Biomechanics of clear aligners
Biomechanics of clear alignersBiomechanics of clear aligners
Biomechanics of clear aligners
 
Aanchorage planning
Aanchorage  planningAanchorage  planning
Aanchorage planning
 

Último

Call Girls In Indore 📞9235973566📞Just Call Inaaya📲 Call Girls Service In Indo...
Call Girls In Indore 📞9235973566📞Just Call Inaaya📲 Call Girls Service In Indo...Call Girls In Indore 📞9235973566📞Just Call Inaaya📲 Call Girls Service In Indo...
Call Girls In Indore 📞9235973566📞Just Call Inaaya📲 Call Girls Service In Indo...
Sheetaleventcompany
 
science quiz bee questions.doc FOR ELEMENTARY SCIENCE
science quiz bee questions.doc FOR ELEMENTARY SCIENCEscience quiz bee questions.doc FOR ELEMENTARY SCIENCE
science quiz bee questions.doc FOR ELEMENTARY SCIENCE
maricelsampaga
 
Independent Call Girls Bangalore {7304373326} ❤️VVIP POOJA Call Girls in Bang...
Independent Call Girls Bangalore {7304373326} ❤️VVIP POOJA Call Girls in Bang...Independent Call Girls Bangalore {7304373326} ❤️VVIP POOJA Call Girls in Bang...
Independent Call Girls Bangalore {7304373326} ❤️VVIP POOJA Call Girls in Bang...
Sheetaleventcompany
 
Top 20 Famous Indian Female Pornstars Name List 2024
Top 20 Famous Indian Female Pornstars Name List 2024Top 20 Famous Indian Female Pornstars Name List 2024
Top 20 Famous Indian Female Pornstars Name List 2024
Sheetaleventcompany
 
Low Rate Call Girls Pune {9142599079} ❤️VVIP NISHA Call Girls in Pune Maharas...
Low Rate Call Girls Pune {9142599079} ❤️VVIP NISHA Call Girls in Pune Maharas...Low Rate Call Girls Pune {9142599079} ❤️VVIP NISHA Call Girls in Pune Maharas...
Low Rate Call Girls Pune {9142599079} ❤️VVIP NISHA Call Girls in Pune Maharas...
Sheetaleventcompany
 
Premium Call Girls Bangalore {9179660964} ❤️VVIP POOJA Call Girls in Bangalor...
Premium Call Girls Bangalore {9179660964} ❤️VVIP POOJA Call Girls in Bangalor...Premium Call Girls Bangalore {9179660964} ❤️VVIP POOJA Call Girls in Bangalor...

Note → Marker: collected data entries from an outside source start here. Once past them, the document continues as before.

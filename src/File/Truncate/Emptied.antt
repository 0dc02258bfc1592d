-- ===== src/File/Truncate/Emptied.antt =====
-- What `File::ShrinkFile` (lib/file.cc) leaves of a file that is cut to nothing.
use blockfs.Prelude.{
  ℕ, ◌+◌, ◌≤◌, ◌≡◌, refl, ap, ◌∙◌, [], ◌∷◌, ◌++◌, false, nat_eq, count, IsDistinct,
}
use blockfs.Meta.{FileMeta, minus_one}
use blockfs.Prelude.Map.{update_at}
use blockfs.BlockHandle.Counts.{count-emplace_all}
use blockfs.FileBlock.{used_block_ids}
use blockfs.File.Parent.{old_fh-is}
use blockfs.File.Truncate.Finish.{
  slot_saved-field, given_back, unparented, recycled_saved, recycled_saved-field,
  recycled_saved-used,
}
use blockfs.File.Truncate.Split.{
  IsReady, old_version, resized, new_saved, both_saved, both_saved-IsSaved, at_new, shrink_rest,
  shrink_rest-recycled,
}
use blockfs.State.{Fs, ok, file_meta, file_block_meta}

module _ (file fb o n : ℕ) (w : Fs) where
  pub emptied : Fs
  emptied = recycled_saved file fb o n (old_version file fb o n w) (both_saved file fb o n w)

  pub shrink_rest-emptied : IsReady file fb o n w → shrink_rest file o o w ≡ ok tt emptied
  unfolding emptied
  shrink_rest-emptied r = shrink_rest-recycled file fb o n w r

  emptied-meta : IsReady file fb o n w → (emptied.files file).meta ≡ n
  unfolding emptied recycled_saved given_back both_saved new_saved
  emptied-meta r = at_new file fb o n w r

  emptied-item_maps : (emptied.files file).item_maps ≡ []
  unfolding emptied recycled_saved given_back both_saved new_saved
  emptied-item_maps = ap (λ v. v.item_maps) (update_at w.files file _)

  emptied-resized :
      {A : Type 0} (get : FileMeta → A)
      → ((c : ℕ) (m : FileMeta) → get (record m { crc = c }) ≡ get m)
      → ((m : FileMeta) → get (record m { parent_fh = minus_one; parent_size = 0 }) ≡ get m)
      → IsReady file fb o n w
      → get (emptied.file_handle.metas n) ≡ get (record (w.file_handle.metas n) { size = 0 })
  unfolding emptied both_saved new_saved
  emptied-resized get keeps keeps' r =
      recycled_saved-field file fb o n (old_version file fb o n w) (both_saved file fb o n w) get
        keeps keeps' (both_saved-IsSaved file fb o n w r)
      ∙ slot_saved-field get keeps o n (new_saved file fb o n w)
      ∙ slot_saved-field get keeps n n (resized file fb o n w)
      ∙ ap get (update_at w.file_handle.metas n _)

  -- What is left of the file and of its old version.
  pub record IsEmptied (t : Fs) : Type 0 where
    pub record_at : (t.files file).meta ≡ n
    pub no_blocks : (t.files file).item_maps ≡ []
    pub no_bytes : (file_meta file t).size ≡ 0
    pub times : (file_meta file t).mtime ≡ (w.file_handle.metas n).mtime
    pub pool :
        (a : ℕ)
        → count a t.block_handle.block_id_pool
          ≡ count a (used_block_ids (file_block_meta fb w)) + count a w.block_handle.block_id_pool
    pub block_slots : t.file_block_handle.free_fbhs ≡ w.file_block_handle.free_fbhs ++ fb ∷ []
    pub record_slots : t.file_handle.free_fhs ≡ w.file_handle.free_fhs ++ o ∷ []
    pub no_parents : t.file_handle.parent_files ≡ []
    pub names : t.file_handle.created_files ≡ w.file_handle.created_files
    pub old_free : (t.file_handle.metas o).used ≡ false

  pub emptied-IsEmptied :
      IsReady file fb o n w
      → IsDistinct w.block_handle.block_id_pool
      → ((a : ℕ)
          → count a (used_block_ids (file_block_meta fb w)) + count a w.block_handle.block_id_pool
            ≤ 1)
      → IsEmptied emptied
  unfolding emptied recycled_saved given_back both_saved new_saved
  emptied-IsEmptied r distinct own = record {
    record_at = emptied-meta r;
    no_blocks = emptied-item_maps;
    no_bytes =
        ap (λ i. (emptied.file_handle.metas i).size) (emptied-meta r)
        ∙ emptied-resized (λ m. m.size) (λ c m. refl) (λ m. refl) r;
    times =
        ap (λ i. (emptied.file_handle.metas i).mtime) (emptied-meta r)
        ∙ emptied-resized (λ m. m.mtime) (λ c m. refl) (λ m. refl) r;
    pool = λ a.
        count-emplace_all (used_block_ids (file_block_meta fb w)) w.block_handle.block_id_pool a
          (own a) distinct;
    block_slots = refl;
    record_slots =
        ap (λ i. w.file_handle.free_fhs ++ i ∷ [])
          (old_fh-is o fb 0
              (unparented file fb o n (old_version file fb o n w) (both_saved file fb o n w))
            ∙ (both_saved-IsSaved file fb o n w r).old_is);
    no_parents = refl;
    names = refl;
    old_free =
        recycled_saved-used file fb o n (old_version file fb o n w) (both_saved file fb o n w)
          (both_saved-IsSaved file fb o n w r);
  }
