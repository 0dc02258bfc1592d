-- ===== src/FileHandle/Entries.antt =====
-- What the entries of a file in its directory and in the maps of the handle do not touch
-- (lib/directory.cc, lib/file_handle.cc).
use blockfs.Prelude.{ℕ, some, ◌≡◌, refl, ◌∙◌, List, not, nat_eq, bytes_eq_inst, key_eq_inst}
use blockfs.Prelude.Map.{Map, contains, find, find-insert_self, insert, erase}
use blockfs.Directory.{add_child_file, remove_child_file}
use blockfs.FileHandle.{add_file, remove_file, add_file_to_directory, remove_file_from_directory}
use blockfs.State.{
  Fs, Directory, ok, ◌>>=◌, attempt_runs, gets, modify, check, attempt, file_meta, on_directory,
  on_file_handle, Keeps, bind-Keeps, attempt-Keeps, Keeps-plain, modify-Keeps, check-Keeps,
}

-- A state with other maps of created files.
abbrev with_entries : Map (ℕ × List ℕ) ℕ → Map ℕ ℕ → Fs → Fs
with_entries files fhs = on_file_handle λ h. record h { created_files = files; created_fhs = fhs }

-- A view that looks neither at the directories nor at those maps.
pub record SkipsEntries {X : Type 0} (view : Fs → X) : Type 0 where
  pub children :
      (directories : ℕ → Directory) (s : Fs)
      → view (record s { directories = directories }) ≡ view s
  pub entries :
      (files : Map (ℕ × List ℕ) ℕ) (fhs : Map ℕ ℕ) (s : Fs)
      → view (with_entries files fhs s) ≡ view s

module _ {X : Type 0} {view : Fs → X} (skips : SkipsEntries view) where
  pub remove_child_file-Keeps : (dir file : ℕ) → Keeps view (remove_child_file dir file)
  unfolding remove_child_file
  remove_child_file-Keeps dir file =
      bind-Keeps {m = gets (λ s. (file_meta file s).fh)} (Keeps-plain (λ s. refl)) (λ fh.
        bind-Keeps {m = gets (λ s. (s.directories dir).item_maps)} (Keeps-plain (λ s. refl))
          (λ items.
            bind-Keeps {m = check (contains fh items)} (check-Keeps (contains fh items)) (λ _.
              modify-Keeps (on_directory dir λ o. record o { item_maps = erase fh o.item_maps })
                (λ s. skips.children _ s))))

  pub add_child_file-Keeps : (dir file : ℕ) → Keeps view (add_child_file dir file)
  unfolding add_child_file
  add_child_file-Keeps dir file =
      bind-Keeps {m = gets (λ s. (file_meta file s).fh)} (Keeps-plain (λ s. refl)) (λ fh.
        bind-Keeps {m = gets (λ s. (s.directories dir).item_maps)} (Keeps-plain (λ s. refl))
          (λ items.
            bind-Keeps {m = check (not (contains fh items))} (check-Keeps (not (contains fh items)))
              (λ _.
                modify-Keeps
                  (on_directory dir λ o. record o { item_maps = insert fh file o.item_maps })
                  (λ s. skips.children _ s))))

  remove_file-Keeps : (file : ℕ) → Keeps view (remove_file file)
  unfolding remove_file
  remove_file-Keeps file = bind-Keeps {m = gets (file_meta file)} (Keeps-plain (λ s. refl)) (λ m.
      bind-Keeps {m = gets (λ s. s.file_handle)} (Keeps-plain (λ s. refl)) (λ h.
        bind-Keeps {m = check (contains (m.dh, m.file_name) h.created_files)} (check-Keeps _) (λ _.
          bind-Keeps
            {m = modify (
              on_file_handle
                λ h. record h { created_files = erase (m.dh, m.file_name) h.created_files })}
            (Keeps-plain (λ s. skips.entries _ s.file_handle.created_fhs s))
            (λ _. bind-Keeps {m = check (contains m.fh h.created_fhs)} (check-Keeps _) (λ _.
              modify-Keeps (on_file_handle λ h. record h { created_fhs = erase m.fh h.created_fhs })
                (λ s. skips.entries s.file_handle.created_files _ s))))))

  pub remove_file_from_directory-Keeps :
      (dir file : ℕ) → Keeps view (remove_file_from_directory dir file)
  unfolding remove_file_from_directory
  remove_file_from_directory-Keeps dir file =
      bind-Keeps {m = remove_child_file dir file} (remove_child_file-Keeps dir file)
        (λ _. remove_file-Keeps file)

  pub add_file_to_directory-Keeps : (dir file : ℕ) → Keeps view (add_file_to_directory dir file)
  unfolding add_file_to_directory add_file
  add_file_to_directory-Keeps dir file =
      bind-Keeps {m = attempt (add_child_file dir file)}
        (attempt-Keeps (add_child_file-Keeps dir file))
        (λ _. Keeps-plain (λ s. skips.entries _ _ s))

  -- The file is then found under its name and by its handle.
  pub add_file_to_directory_finds :
      (dir file : ℕ) (s : Fs)
      → (t : Fs) × (add_file_to_directory dir file s ≡ ok tt t)
        × (view t ≡ view s)
        × (let m = file_meta file t in
            find (m.dh, m.file_name) t.file_handle.created_files ≡ some file)
  unfolding add_file_to_directory add_file
  add_file_to_directory_finds dir file s =
      let (o, t, run, same) =
        attempt_runs (add_child_file dir file) (add_child_file-Keeps dir file) s in
      let m = file_meta file t in
      let h = t.file_handle in
      let files = insert (m.dh, m.file_name) file h.created_files in
      let fhs = insert m.fh file h.created_fhs in
      (
        with_entries files fhs t,
        rw (run, ◌>>=◌) refl,
        skips.entries files fhs t ∙ same,
        find-insert_self (m.dh, m.file_name) file h.created_files,
      )

  add_file_to_directory_runs :
      (dir file : ℕ) (s : Fs)
      → (t : Fs) × (add_file_to_directory dir file s ≡ ok tt t) × (view t ≡ view s)
  add_file_to_directory_runs dir file s =
      let (t, run, same, found) = add_file_to_directory_finds dir file s in (t, run, same)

Premium Call Girls Bangalore {9179660964} ❤️VVIP POOJA Call Girls in Bangalor...
Sheetaleventcompany
 

Último (20)

💞 Safe And Secure Call Girls Prayagraj 🧿 9332606886 🧿 High Class Call Girl Se...
💞 Safe And Secure Call Girls Prayagraj 🧿 9332606886 🧿 High Class Call Girl Se...💞 Safe And Secure Call Girls Prayagraj 🧿 9332606886 🧿 High Class Call Girl Se...

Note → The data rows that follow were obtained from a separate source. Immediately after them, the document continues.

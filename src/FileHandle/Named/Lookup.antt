-- ===== src/FileHandle/Named/Lookup.antt =====
-- Looking up a file by its path: `TransformPath`, `GetCreatedDirectory` and `GetCreatedFile`
-- (lib/file_handle.cc, lib/dir_handle.cc).
use blockfs.Prelude.{
  ℕ, ◌<◌, ◌≡◌, refl, List, some, false, leb, length, arith, nat_eq, bytes_eq_inst, key_eq_inst,
}
use blockfs.Prelude.Map.{find}
use blockfs.Meta.{k_block_fs_max_file_name_len, k_block_fs_max_dir_name_len}
use blockfs.Paths.{ends_with_slash, get_dir_name, get_file_name}
use blockfs.DirHandle
use blockfs.DirHandle.{with_slash, get_created_directory}
use blockfs.FileHandle.{transform_path, get_created_file}
use blockfs.State.{Fs, ok, ◌>>=◌, dir_meta}

-- A path of a file that is accepted, in a directory that is there.
pub record IsFilePath (filename : List ℕ) (dir : ℕ) (s : Fs) : Type 0 where
  pub no_slash : ends_with_slash filename ≡ false
  pub short : length (get_file_name filename) < k_block_fs_max_file_name_len
  pub short_dir : length (with_slash (get_dir_name filename)) < k_block_fs_max_dir_name_len
  pub there : find (with_slash (get_dir_name filename)) s.dir_handle.created_dirs ≡ some dir

pub transform_path_lem :
    (filename : List ℕ) (dir : ℕ) (s : Fs)
    → IsFilePath filename dir s
    → transform_path filename s ≡ ok (get_dir_name filename, get_file_name filename) s
unfolding transform_path
transform_path_lem filename dir s p =
    let short : leb k_block_fs_max_file_name_len (length (get_file_name filename)) ≡ false =
      let h = p.short in ground arith in
    rw (p.no_slash, short, ◌>>=◌) refl

pub get_created_directory_lem :
    (filename : List ℕ) (dir : ℕ) (s : Fs)
    → IsFilePath filename dir s
    → get_created_directory (get_dir_name filename) s ≡ ok dir s
unfolding get_created_directory DirHandle.transform_path
get_created_directory_lem filename dir s p =
    let short : leb k_block_fs_max_dir_name_len (length (with_slash (get_dir_name filename)))
        ≡ false =
      let h = p.short_dir in ground arith in
    rw (short, p.there, ◌>>=◌) refl

pub get_created_file_lem :
    (filename : List ℕ) (dir file : ℕ) (s : Fs)
    → IsFilePath filename dir s
    → find ((dir_meta dir s).dh, get_file_name filename) s.file_handle.created_files ≡ some file
    → get_created_file filename s ≡ ok file s
unfolding get_created_file
get_created_file_lem filename dir file s p found =
    rw (transform_path_lem filename dir s p, ◌>>=◌) rw
      (get_created_directory_lem filename dir s p, found, ◌>>=◌) refl
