-- ===== src/FileHandle/Named/Made.antt =====
-- What `FileHandle::NewFile` (lib/file_handle.cc) makes: the object and the claimed record.
use blockfs.Prelude.{
  ℕ, ◌+◌, ◌<◌, ◌≡◌, refl, ap, ◌∙◌, List, [], ◌∷◌, none, true, false, length, take_all, arith,
  nat_eq, bytes_eq_inst, key_eq_inst,
}
use blockfs.Prelude.Map.{find, update, update_at}
use blockfs.Meta.{FileMeta, k_block_fs_max_file_name_len}
use blockfs.Paths.{get_dir_name, get_file_name}
use blockfs.File.{set_file_name}
use blockfs.FileHandle.{front_free_fh, is_free_slot, new_free_file, new_file}
use blockfs.State.{Fs, File, ok, attempt, ◌>>=◌, file_meta, dir_meta, on_file_meta, on_file_handle}
use blockfs.FileHandle.Named.Lookup.{IsFilePath, get_created_directory_lem}

pub front_free_fh_lem :
    (fh : ℕ) (rest : List ℕ) (s : Fs)
    → s.file_handle.free_fhs ≡ fh ∷ rest
    → is_free_slot fh (s.file_handle.metas fh) ≡ true
    → front_free_fh s ≡ ok fh s
unfolding front_free_fh
front_free_fh_lem fh rest s free usable = rw (free, usable) refl

-- A field of a record that is written twice, the second time with that field kept.
field_kept :
    {A : Type 0} (get : FileMeta → A) (metas : ℕ → FileMeta) (i : ℕ) (m : FileMeta)
    (g : FileMeta → FileMeta)
    → ((v : FileMeta) → get (g v) ≡ get v)
    → let once = update metas i m in get (update once i (g (once i)) i) ≡ get m
field_kept get metas i m g keeps =
    ap get (update_at (update metas i m) i _)
    ∙ keeps (update metas i m i)
    ∙ ap get (update_at metas i m)

module _ (filename : List ℕ) (dir fh : ℕ) (rest : List ℕ) (s : Fs) where
  abbrev name : List ℕ
  name = get_file_name filename

  abbrev dh : ℕ
  dh = (dir_meta dir s).dh

  abbrev object : File
  object = record { meta = fh; nlink = 0; locked = false; deleted = false; item_maps = [] }

  -- The state with the new object.
  abbrev with_object : Fs
  with_object = record s { files = update s.files s.next_file object; next_file = s.next_file + 1 }

  -- The slot belongs to the file and has left the free list.
  abbrev claimed : Fs
  claimed =
      on_file_handle (λ h. record h { free_fhs = elim h.free_fhs [ [] ↦ [] | i ∷ is ↦ is ] })
        (on_file_meta s.next_file
          (λ m. set_file_name name (record m { used = true; fh = fh; dh = dh; is_temp = false }))
          with_object)

  abbrev pub made : Fs
  made =
      on_file_meta s.next_file (λ m. record m { atime = s.now; mtime = s.now; ctime = s.now })
        claimed

  pub new_file-made :
      IsFilePath filename dir s
      → find (dh, name) s.file_handle.created_files ≡ none
      → s.file_handle.free_fhs ≡ fh ∷ rest
      → is_free_slot fh (s.file_handle.metas fh) ≡ true
      → new_file (get_dir_name filename) name false s ≡ ok (dir, s.next_file) made
  unfolding new_file new_free_file
  new_file-made p new free usable =
      rw (get_created_directory_lem filename dir s p, attempt, ◌>>=◌) rw
        (new, front_free_fh_lem fh rest s free usable, ◌>>=◌) refl

  pub made-free_fhs : s.file_handle.free_fhs ≡ fh ∷ rest → made.file_handle.free_fhs ≡ rest
  made-free_fhs free = ap (λ is. elim is [ [] ↦ [] | i ∷ is ↦ is ]) free

  pub made-meta :
      length name < k_block_fs_max_file_name_len
      → ((file_meta s.next_file made).fh ≡ fh)
        × ((file_meta s.next_file made).dh ≡ dh)
        × ((file_meta s.next_file made).file_name ≡ name)
        × ((file_meta s.next_file made).used ≡ true)
        × ((file_meta s.next_file made).size ≡ (s.file_handle.metas fh).size)
  made-meta short =
      let whole = take_all k_block_fs_max_file_name_len name (omega arith) in
      let metas = s.file_handle.metas in
      let i = (with_object.files s.next_file).meta in
      let at_fh : i ≡ fh = ap (λ o. o.meta) (update_at s.files s.next_file object) in
      let m : FileMeta =
        set_file_name name (record (metas i) { used = true; fh = fh; dh = dh; is_temp = false }) in
      let stamp : FileMeta → FileMeta =
        λ v. record v { atime = s.now; mtime = s.now; ctime = s.now } in
      (
        field_kept (λ v. v.fh) metas i m stamp (λ v. refl),
        field_kept (λ v. v.dh) metas i m stamp (λ v. refl),
        field_kept (λ v. v.file_name) metas i m stamp (λ v. refl) ∙ whole,
        field_kept (λ v. v.used) metas i m stamp (λ v. refl),
        field_kept (λ v. v.size) metas i m stamp (λ v. refl) ∙ ap (λ j. (metas j).size) at_fh,
      )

💞 Safe And Secure Call Girls Prayagraj 🧿 9332606886 🧿 High Class Call Girl Se...
 
Call Girls In Indore 📞9235973566📞Just Call Inaaya📲 Call Girls Service In Indo...

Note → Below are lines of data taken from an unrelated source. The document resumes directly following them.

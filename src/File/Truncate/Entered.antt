-- ===== src/File/Truncate/Entered.antt =====
-- The first half of `File::ShrinkFile` (lib/file.cc) for a file that is cut to nothing: the file
-- gets a new record and is entered under it.
use blockfs.Prelude.{
  ℕ, ◌+◌, ◌*◌, ◌≤◌, ◌≡◌, ◌≢◌, refl, ap, ◌∙◌, List, [], ◌∷◌, some, true, false, nat_eq,
  bytes_eq_inst, key_eq_inst, arith,
}
use blockfs.Prelude.Map.{Map, find, update}
use blockfs.Meta.{FileMeta, SuperBlockMeta}
use blockfs.BlockHandle.{BlockHandle}
use blockfs.File.{set_file_name}
use blockfs.File.Shrink.{inherit, shrink_file}
use blockfs.DirHandle.{get_created_directory_by_dh}
use blockfs.FileHandle.{
  is_free_slot, new_free_file_meta, add_file_to_directory, remove_file_from_directory,
}
use blockfs.FileHandle.Entries.{
  SkipsEntries, remove_file_from_directory-Keeps, add_file_to_directory_finds,
}
use blockfs.FileHandle.Named.Made.{front_free_fh_lem}
use blockfs.File.Truncate.Finish.{Fits, bind_ok}
use blockfs.File.Truncate.Split.{shrink_rest}
use blockfs.State.{
  Fs, Device, File, ParentFile, FileBlockHandle, ok, ◌>>=◌, attempt, attempt_runs, file_meta,
  on_file, on_file_slot, on_file_handle,
}

-- What the entries of files are no part of.
pub record Rest : Type 0 where
  pub super_meta : SuperBlockMeta
  pub dev : Device
  pub files : ℕ → File
  pub metas : ℕ → FileMeta
  pub free_fhs : List ℕ
  pub parent_files : Map ℕ ParentFile
  pub block_handle : BlockHandle
  pub file_block_handle : FileBlockHandle

abbrev pub rest_of : Fs → Rest
rest_of s = record {
  super_meta = s.super_meta;
  dev = s.dev;
  files = s.files;
  metas = s.file_handle.metas;
  free_fhs = s.file_handle.free_fhs;
  parent_files = s.file_handle.parent_files;
  block_handle = s.block_handle;
  file_block_handle = s.file_block_handle;
}

rest_of-SkipsEntries : SkipsEntries rest_of
rest_of-SkipsEntries = record { children = λ directories s. refl; entries = λ files fhs s. refl }

module _ (file fb n dir : ℕ) (rest : List ℕ) (s : Fs) where
  abbrev pub o : ℕ
  o = (s.files file).meta

  abbrev pub old : FileMeta
  old = file_meta file s

  -- The new slot is claimed.
  abbrev pub claim : FileMeta → FileMeta
  claim m = set_file_name old.file_name (record m { used = true; fh = n; dh = old.dh })

  abbrev pub claimed : Fs
  claimed = on_file_handle (λ h. record h { free_fhs = rest }) (on_file_slot n claim s)

  -- It inherits nothing, and the old record names it as its child.
  abbrev pub inherited : Fs
  inherited = on_file_slot n (inherit old 0) claimed

  abbrev pub renewed : Fs
  renewed =
      on_file_slot o (λ m. record m { child_fh = (inherited.file_handle.metas n).fh }) inherited

  pub record CanEmpty : Type 0 where
    pub items : (s.files file).item_maps ≡ (0, fb) ∷ []
    pub own : old.fh ≡ o
    pub taken : old.used ≡ true
    pub free : s.file_handle.free_fhs ≡ n ∷ rest
    pub usable : is_free_slot n (s.file_handle.metas n) ≡ true
    pub directory : find old.dh s.dir_handle.created_dhs ≡ some dir
    pub parents : s.file_handle.parent_files ≡ []
    pub quiet : s.dev.outcomes ≡ []
    pub fits_new : Fits n s
    pub fits_old : Fits o s
    pub fits_block :
        s.super_meta.file_block_meta_offset
          + s.super_meta.file_block_meta_size * fb
          + s.super_meta.file_block_meta_size
        ≤ s.dev.dev_size

  pub apart : CanEmpty → n ≢ o
  apart c e =
      let used : (s.file_handle.metas n).used ≡ false = ground arith in
      let same : (s.file_handle.metas n).used ≡ old.used =
        ap (λ i. (s.file_handle.metas i).used) e in
      cc (c.taken)

  new_free_file_meta-claimed : CanEmpty → new_free_file_meta old.dh old.file_name s ≡ ok n claimed
  unfolding new_free_file_meta
  new_free_file_meta-claimed c =
      rw (front_free_fh_lem n rest s c.free c.usable, new_free_file_meta, ◌>>=◌)
        (ap
          (λ l. ok n (
            on_file_handle (λ h. record h { free_fhs = elim l [ [] ↦ [] | i ∷ is ↦ is ] })
              (on_file_slot n claim s)))
          c.free)

  get_directory : CanEmpty → get_created_directory_by_dh old.dh renewed ≡ ok dir renewed
  unfolding get_created_directory_by_dh
  get_directory c = rw (c.directory, get_created_directory_by_dh, ◌>>=◌) refl

  abbrev pub moved : Fs → Fs
  moved t = on_file file (λ v. record v { meta = n }) t

  moved-rest : (t : Fs) → rest_of t ≡ rest_of renewed → rest_of (moved t) ≡ rest_of (moved renewed)
  moved-rest t same = λ i. record (same i) {
    files = update (same i).files file (record ((same i).files file) { meta = n });
  }

  pub shrink_file-entered :
      CanEmpty
      → (w : Fs) × (shrink_file file 0 s ≡ shrink_rest file o old.fh w)
        × (rest_of w ≡ rest_of (moved renewed))
        × (find ((file_meta file w).dh, (file_meta file w).file_name) w.file_handle.created_files
            ≡ some file)
  unfolding shrink_file
  shrink_file-entered c =
      let (a, t, run, same) =
        attempt_runs (remove_file_from_directory dir file)
          (remove_file_from_directory-Keeps rest_of-SkipsEntries dir file) renewed in
      let (w, added, kept, found) =
        add_file_to_directory_finds rest_of-SkipsEntries dir file (moved t) in
      (
        w,
        bind_ok (new_free_file_meta old.dh old.file_name) _ s claimed n
            (new_free_file_meta-claimed c)
            (bind_ok (get_created_directory_by_dh old.dh) _ renewed renewed dir (get_directory c) (
              bind_ok (attempt (remove_file_from_directory dir file)) _ renewed t a run
                (bind_ok (add_file_to_directory dir file) _ (moved t) w tt added refl))),
        kept ∙ moved-rest t same,
        found,
      )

Call Girls In Indore 📞9235973566📞Just Call Inaaya📲 Call Girls Service In Indo...Call Girls In Indore 📞9235973566📞Just Call Inaaya📲 Call Girls Service In Indo...
Call Girls In Indore 📞9235973566📞Just Call Inaaya📲 Call Girls Service In Indo...
 
science quiz bee questions.doc FOR ELEMENTARY SCIENCE
science quiz bee questions.doc FOR ELEMENTARY SCIENCEscience quiz bee questions.doc FOR ELEMENTARY SCIENCE
science quiz bee questions.doc FOR ELEMENTARY SCIENCE
 
💸Cash Payment No Advance Call Girls Kanpur 🧿 9332606886 🧿 High Class Call Gir...
💸Cash Payment No Advance Call Girls Kanpur 🧿 9332606886 🧿 High Class Call Gir...💸Cash Payment No Advance Call Girls Kanpur 🧿 9332606886 🧿 High Class Call Gir...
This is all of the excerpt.